YOUR INSTRUCTIONS »
An acceptable answer repeats exactly the line with "rw (← (ok_injective k))" and each line after it through the end of the entries, and includes nothing else.

MATERIAL SHOWN »
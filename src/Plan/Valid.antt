-- ===== src/Plan/Valid.antt =====
-- What the factories and the `with_*` methods of BucketPlan promise of every plan that they return.
use speed_up.Common.{
  ℕ, zero, suc, ◌<◌, ◌≤◌, ◌≡◌, refl, Bool, true, List, [], ◌∷◌, All, IsPos, ok, ok_injective,
  suc-==_zero, >>=-ok, arith,
}
use speed_up.Common.Doubles.{Doubles, IsIeee}
use speed_up.Plan.{
  Kind, BucketPlan, max_bucket_limit, max_sample_size, require_positive, require_all_positive,
  of_kind, of_first_page, of_geometric, of_uniform, of_sizes, with_page_size, with_max_buckets,
  with_symmetric, with_sample_size, with_seed, with_rebalance_skew, with_auto_rebalance,
}

-- The loop of `of_sizes` lets a list through as it is, and only if all of it is positive.
require_all_positive-All :
    (l : List ℕ) {r : List ℕ} → require_all_positive l ≡ ok r → (r ≡ l) × All IsPos r
unfolding require_all_positive require_positive
require_all_positive-All [] h = rw (← (ok_injective h)) (refl, tt)
require_all_positive-All (zero ∷ l) h = cc
require_all_positive-All (suc x ∷ l) h =
    let (rest, e, k) = >>=-ok _ (require_all_positive l) (rw (suc-==_zero x) at h) in
    let (same, pos) = require_all_positive-All l e in
    rw (← (ok_injective k), same) (refl, (omega arith, rw same at pos))

module _ {F : Type 0} ⦃d : Doubles F⦄ where
  pub record IsValid (plan : BucketPlan F) : Type 0 where
    pub page_pos : 0 < plan.page_size
    pub buckets_pos : 0 < plan.max_buckets
    pub buckets_le : plan.max_buckets ≤ max_bucket_limit
    pub sample_pos : 0 < plan.sample_size
    pub sample_le : plan.sample_size ≤ max_sample_size
    pub growth_ge : d.le (d.of_size 1) plan.growth ≡ true
    pub sizes_pos : All IsPos plan.sizes

  -- The plans that a caller can hold: a factory's result, or a `with_*` copy of such a plan.
  pub data Made : BucketPlan F → Type 0 where
    by_first_page : {p : BucketPlan F} (n : ℕ) → of_first_page n ≡ ok p → Made p
    by_geometric : {p : BucketPlan F} (n : ℕ) (g : F) → of_geometric n g ≡ ok p → Made p
    by_uniform : {p : BucketPlan F} (n : ℕ) → of_uniform n ≡ ok p → Made p
    by_sizes : {p : BucketPlan F} (l : List ℕ) → of_sizes l ≡ ok p → Made p
    page_size : {p q : BucketPlan F} (n : ℕ) → Made p → with_page_size p n ≡ ok q → Made q
    max_buckets : {p q : BucketPlan F} (n : ℕ) → Made p → with_max_buckets p n ≡ ok q → Made q
    sample_size : {p q : BucketPlan F} (n : ℕ) → Made p → with_sample_size p n ≡ ok q → Made q
    skew : {p q : BucketPlan F} (s : F) → Made p → with_rebalance_skew p s ≡ ok q → Made q
    symmetric : {p : BucketPlan F} (b : Bool) → Made p → Made (with_symmetric p b)
    seed : {p : BucketPlan F} (n : ℕ) → Made p → Made (with_seed p n)
    auto : {p : BucketPlan F} (b : Bool) → Made p → Made (with_auto_rebalance p b)

  module _ (ieee : IsIeee d) where
    of_kind-IsValid : (kind : Kind) → IsValid (of_kind kind)
    unfolding of_kind
    of_kind-IsValid kind = record {
      page_pos = omega arith;
      buckets_pos = omega arith;
      buckets_le = omega arith;
      sample_pos = omega arith;
      sample_le = omega arith;
      growth_ge = ieee.of_size_mono 1 2 (omega arith);
      sizes_pos = tt;
    }

    pub Made-IsValid : {p : BucketPlan F} → Made p → IsValid p
    unfolding of_first_page of_geometric of_uniform of_sizes with_page_size with_max_buckets
        with_sample_size with_rebalance_skew with_symmetric with_seed with_auto_rebalance
    Made-IsValid (by_first_page n h) = ground (arith, ieee.of_size_mono 1 2)
    Made-IsValid (by_geometric n g h) = ground arith
    Made-IsValid (by_uniform n h) = ground (arith, ieee.of_size_mono 1 2)
    Made-IsValid (by_sizes [] h) = absurd (cc)
    Made-IsValid (by_sizes (zero ∷ l) h) = absurd (ground arith)
    Made-IsValid (by_sizes (suc x ∷ l) h) =
        let (all, e, k) = >>=-ok _ (require_all_positive (suc x ∷ l)) h in
        let (same, pos) = require_all_positive-All (suc x ∷ l) e in
        rw (← (ok_injective k)) (record {
          page_pos = omega arith;
          buckets_pos = omega arith;
          buckets_le = omega arith;
          sample_pos = omega arith;
          sample_le = omega arith;
          growth_ge = ieee.of_size_mono 1 2 (omega arith);
          sizes_pos = pos;
        })
    Made-IsValid (page_size n m h) = let v = Made-IsValid m in ground arith
    Made-IsValid (max_buckets n m h) = let v = Made-IsValid m in ground arith
    Made-IsValid (sample_size n m h) = let v = Made-IsValid m in ground arith
    Made-IsValid (skew s m h) = let v = Made-IsValid m in ground arith
    Made-IsValid (symmetric b m) = let v = Made-IsValid m in ground arith
    Made-IsValid (seed n m) = let v = Made-IsValid m in ground arith
    Made-IsValid (auto b m) = let v = Made-IsValid m in ground arith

WORKED SOLUTION »
        rw (← (ok_injective k)) (record {
          page_pos = omega arith;
          buckets_pos = omega arith;
          buckets_le = omega arith;
          sample_pos = omega arith;
          sample_le = omega arith;
          growth_ge = ieee.of_size_mono 1 2 (omega arith);
          sizes_pos = pos;
        })
    Made-IsValid (page_size n m h) = let v = Made-IsValid m in ground arith
    Made-IsValid (max_buckets n m h) = let v = Made-IsValid m in ground arith
    Made-IsValid (sample_size n m h) = let v = Made-IsValid m in ground arith
    Made-IsValid (skew s m h) = let v = Made-IsValid m in ground arith
    Made-IsValid (symmetric b m) = let v = Made-IsValid m in ground arith
    Made-IsValid (seed n m) = let v = Made-IsValid m in ground arith
    Made-IsValid (auto b m) = let v = Made-IsValid m in ground arith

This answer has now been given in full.